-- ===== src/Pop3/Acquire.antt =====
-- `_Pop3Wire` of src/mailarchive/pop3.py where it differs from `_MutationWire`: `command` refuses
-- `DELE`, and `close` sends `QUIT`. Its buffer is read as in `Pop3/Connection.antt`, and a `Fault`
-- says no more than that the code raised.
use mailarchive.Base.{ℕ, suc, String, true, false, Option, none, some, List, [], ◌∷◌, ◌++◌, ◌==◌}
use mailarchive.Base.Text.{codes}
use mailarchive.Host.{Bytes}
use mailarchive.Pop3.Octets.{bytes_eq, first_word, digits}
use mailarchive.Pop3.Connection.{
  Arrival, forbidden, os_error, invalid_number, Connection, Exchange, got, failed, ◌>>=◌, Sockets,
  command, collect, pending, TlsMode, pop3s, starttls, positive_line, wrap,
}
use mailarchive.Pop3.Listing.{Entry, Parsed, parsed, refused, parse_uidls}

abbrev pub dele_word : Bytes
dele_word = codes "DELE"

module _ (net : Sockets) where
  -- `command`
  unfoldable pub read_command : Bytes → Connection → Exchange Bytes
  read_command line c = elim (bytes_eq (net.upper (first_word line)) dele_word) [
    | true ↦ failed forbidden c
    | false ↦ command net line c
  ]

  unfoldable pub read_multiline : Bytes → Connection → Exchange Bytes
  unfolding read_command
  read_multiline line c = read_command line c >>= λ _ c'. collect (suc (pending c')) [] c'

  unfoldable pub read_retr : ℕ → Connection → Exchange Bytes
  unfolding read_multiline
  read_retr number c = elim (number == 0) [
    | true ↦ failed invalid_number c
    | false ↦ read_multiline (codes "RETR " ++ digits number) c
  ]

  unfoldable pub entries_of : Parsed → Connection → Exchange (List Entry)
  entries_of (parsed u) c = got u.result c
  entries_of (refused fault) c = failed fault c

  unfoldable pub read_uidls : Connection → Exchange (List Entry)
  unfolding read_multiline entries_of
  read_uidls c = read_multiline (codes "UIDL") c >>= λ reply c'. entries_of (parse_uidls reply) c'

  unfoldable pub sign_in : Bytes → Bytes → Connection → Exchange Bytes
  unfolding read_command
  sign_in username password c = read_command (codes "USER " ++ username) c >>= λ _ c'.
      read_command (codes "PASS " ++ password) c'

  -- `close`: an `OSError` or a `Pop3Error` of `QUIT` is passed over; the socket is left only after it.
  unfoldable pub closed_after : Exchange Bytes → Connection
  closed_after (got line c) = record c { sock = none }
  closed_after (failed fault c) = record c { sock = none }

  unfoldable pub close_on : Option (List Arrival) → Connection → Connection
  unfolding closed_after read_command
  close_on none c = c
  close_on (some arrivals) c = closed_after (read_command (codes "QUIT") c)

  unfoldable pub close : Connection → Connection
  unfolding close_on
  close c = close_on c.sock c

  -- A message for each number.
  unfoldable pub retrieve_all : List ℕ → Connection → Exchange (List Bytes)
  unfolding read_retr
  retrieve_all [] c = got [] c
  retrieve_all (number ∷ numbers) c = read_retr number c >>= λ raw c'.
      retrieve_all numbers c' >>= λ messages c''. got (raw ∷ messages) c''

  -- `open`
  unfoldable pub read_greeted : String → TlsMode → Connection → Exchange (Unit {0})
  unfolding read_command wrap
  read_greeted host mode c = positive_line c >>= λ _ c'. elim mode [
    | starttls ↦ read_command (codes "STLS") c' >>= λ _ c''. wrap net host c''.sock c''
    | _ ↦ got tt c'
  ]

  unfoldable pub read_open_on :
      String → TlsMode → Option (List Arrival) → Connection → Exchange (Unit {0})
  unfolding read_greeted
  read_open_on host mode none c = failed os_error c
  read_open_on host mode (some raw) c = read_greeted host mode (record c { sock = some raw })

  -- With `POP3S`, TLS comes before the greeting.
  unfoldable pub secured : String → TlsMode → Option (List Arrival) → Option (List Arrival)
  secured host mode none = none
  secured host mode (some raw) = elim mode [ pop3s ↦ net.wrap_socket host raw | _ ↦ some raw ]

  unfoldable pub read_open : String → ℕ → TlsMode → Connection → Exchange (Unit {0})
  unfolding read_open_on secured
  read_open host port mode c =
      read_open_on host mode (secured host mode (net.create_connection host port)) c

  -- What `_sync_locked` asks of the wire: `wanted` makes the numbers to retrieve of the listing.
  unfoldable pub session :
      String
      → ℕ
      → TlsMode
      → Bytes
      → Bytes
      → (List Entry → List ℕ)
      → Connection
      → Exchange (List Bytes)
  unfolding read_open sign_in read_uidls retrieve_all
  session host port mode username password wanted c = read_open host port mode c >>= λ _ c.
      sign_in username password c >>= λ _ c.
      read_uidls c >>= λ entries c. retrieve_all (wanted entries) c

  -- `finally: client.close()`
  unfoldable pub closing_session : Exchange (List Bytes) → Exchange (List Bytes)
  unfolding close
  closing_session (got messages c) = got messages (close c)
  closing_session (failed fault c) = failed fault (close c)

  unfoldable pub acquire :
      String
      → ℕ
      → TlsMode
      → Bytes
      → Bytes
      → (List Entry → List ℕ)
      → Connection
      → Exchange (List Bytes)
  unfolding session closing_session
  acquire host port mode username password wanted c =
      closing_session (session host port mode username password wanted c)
...
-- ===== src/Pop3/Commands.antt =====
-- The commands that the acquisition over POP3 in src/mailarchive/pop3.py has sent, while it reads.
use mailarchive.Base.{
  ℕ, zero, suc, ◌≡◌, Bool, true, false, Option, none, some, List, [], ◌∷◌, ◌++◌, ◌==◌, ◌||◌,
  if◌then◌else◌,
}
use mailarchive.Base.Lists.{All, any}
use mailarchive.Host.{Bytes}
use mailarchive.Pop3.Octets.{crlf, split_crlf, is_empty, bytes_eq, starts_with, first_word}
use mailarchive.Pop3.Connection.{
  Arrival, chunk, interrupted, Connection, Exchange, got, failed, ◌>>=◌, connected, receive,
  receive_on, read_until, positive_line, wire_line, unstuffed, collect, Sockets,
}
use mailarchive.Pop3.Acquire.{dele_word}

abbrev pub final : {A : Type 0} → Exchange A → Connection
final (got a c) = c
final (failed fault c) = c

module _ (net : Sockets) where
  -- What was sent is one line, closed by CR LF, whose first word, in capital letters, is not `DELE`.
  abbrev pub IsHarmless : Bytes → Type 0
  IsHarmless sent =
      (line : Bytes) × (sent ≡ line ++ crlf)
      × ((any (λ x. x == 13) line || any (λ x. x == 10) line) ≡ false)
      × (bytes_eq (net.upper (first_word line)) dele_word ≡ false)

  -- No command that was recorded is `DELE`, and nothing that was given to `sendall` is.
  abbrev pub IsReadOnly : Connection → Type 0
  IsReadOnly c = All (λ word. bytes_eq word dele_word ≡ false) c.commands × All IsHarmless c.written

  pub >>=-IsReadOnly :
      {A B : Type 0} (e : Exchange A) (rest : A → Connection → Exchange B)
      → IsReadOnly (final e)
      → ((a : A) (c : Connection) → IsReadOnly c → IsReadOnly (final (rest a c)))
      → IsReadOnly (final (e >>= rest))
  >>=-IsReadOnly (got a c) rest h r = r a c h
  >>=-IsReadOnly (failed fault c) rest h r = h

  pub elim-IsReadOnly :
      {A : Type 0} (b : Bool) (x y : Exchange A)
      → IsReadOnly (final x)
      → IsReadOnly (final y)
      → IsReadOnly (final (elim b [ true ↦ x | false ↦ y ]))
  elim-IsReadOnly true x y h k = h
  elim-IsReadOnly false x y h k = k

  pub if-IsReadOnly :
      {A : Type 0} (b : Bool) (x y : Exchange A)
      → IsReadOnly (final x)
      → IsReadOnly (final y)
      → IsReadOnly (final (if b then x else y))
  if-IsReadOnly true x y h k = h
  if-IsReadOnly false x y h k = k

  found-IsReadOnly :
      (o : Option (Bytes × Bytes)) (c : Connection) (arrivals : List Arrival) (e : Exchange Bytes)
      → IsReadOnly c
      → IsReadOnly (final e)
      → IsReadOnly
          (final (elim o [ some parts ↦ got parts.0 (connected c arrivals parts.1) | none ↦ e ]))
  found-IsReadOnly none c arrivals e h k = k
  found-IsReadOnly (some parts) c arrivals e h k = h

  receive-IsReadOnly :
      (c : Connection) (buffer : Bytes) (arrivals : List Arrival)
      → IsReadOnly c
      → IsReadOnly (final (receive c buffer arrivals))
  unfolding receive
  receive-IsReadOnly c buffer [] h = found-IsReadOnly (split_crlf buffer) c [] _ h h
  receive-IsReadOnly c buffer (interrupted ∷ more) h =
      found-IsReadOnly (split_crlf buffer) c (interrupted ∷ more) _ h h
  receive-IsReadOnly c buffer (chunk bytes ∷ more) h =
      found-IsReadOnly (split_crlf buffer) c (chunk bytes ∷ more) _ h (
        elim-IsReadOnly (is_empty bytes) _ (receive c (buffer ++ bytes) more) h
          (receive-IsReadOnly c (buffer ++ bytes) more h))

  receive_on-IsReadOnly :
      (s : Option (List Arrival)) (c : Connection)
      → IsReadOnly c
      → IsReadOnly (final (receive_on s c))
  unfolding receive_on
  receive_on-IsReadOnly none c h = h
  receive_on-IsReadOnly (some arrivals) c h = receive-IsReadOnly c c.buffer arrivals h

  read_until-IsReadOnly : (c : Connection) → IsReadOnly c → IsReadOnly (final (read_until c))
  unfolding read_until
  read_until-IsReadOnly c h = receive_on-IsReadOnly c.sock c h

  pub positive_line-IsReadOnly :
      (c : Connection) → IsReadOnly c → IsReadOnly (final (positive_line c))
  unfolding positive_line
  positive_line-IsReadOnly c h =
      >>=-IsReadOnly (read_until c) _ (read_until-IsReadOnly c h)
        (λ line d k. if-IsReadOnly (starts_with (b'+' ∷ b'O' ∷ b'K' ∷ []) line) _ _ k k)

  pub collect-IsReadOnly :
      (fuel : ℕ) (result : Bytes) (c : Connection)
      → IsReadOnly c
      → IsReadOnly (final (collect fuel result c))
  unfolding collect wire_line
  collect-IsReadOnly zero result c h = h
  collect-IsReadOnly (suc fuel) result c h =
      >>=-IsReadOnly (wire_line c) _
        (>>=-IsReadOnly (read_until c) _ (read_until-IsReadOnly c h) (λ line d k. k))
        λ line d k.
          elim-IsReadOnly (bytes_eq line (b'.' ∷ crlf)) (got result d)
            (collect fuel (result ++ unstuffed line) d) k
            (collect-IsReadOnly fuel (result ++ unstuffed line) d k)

#### What to produce
Which lines above carry the string "more"? Copy those lines.

#### Solution to this exercise
-- says no more than that the code raised.
  receive-IsReadOnly c buffer (interrupted ∷ more) h =
      found-IsReadOnly (split_crlf buffer) c (interrupted ∷ more) _ h h
  receive-IsReadOnly c buffer (chunk bytes ∷ more) h =
      found-IsReadOnly (split_crlf buffer) c (chunk bytes ∷ more) _ h (
        elim-IsReadOnly (is_empty bytes) _ (receive c (buffer ++ bytes) more) h
          (receive-IsReadOnly c (buffer ++ bytes) more h))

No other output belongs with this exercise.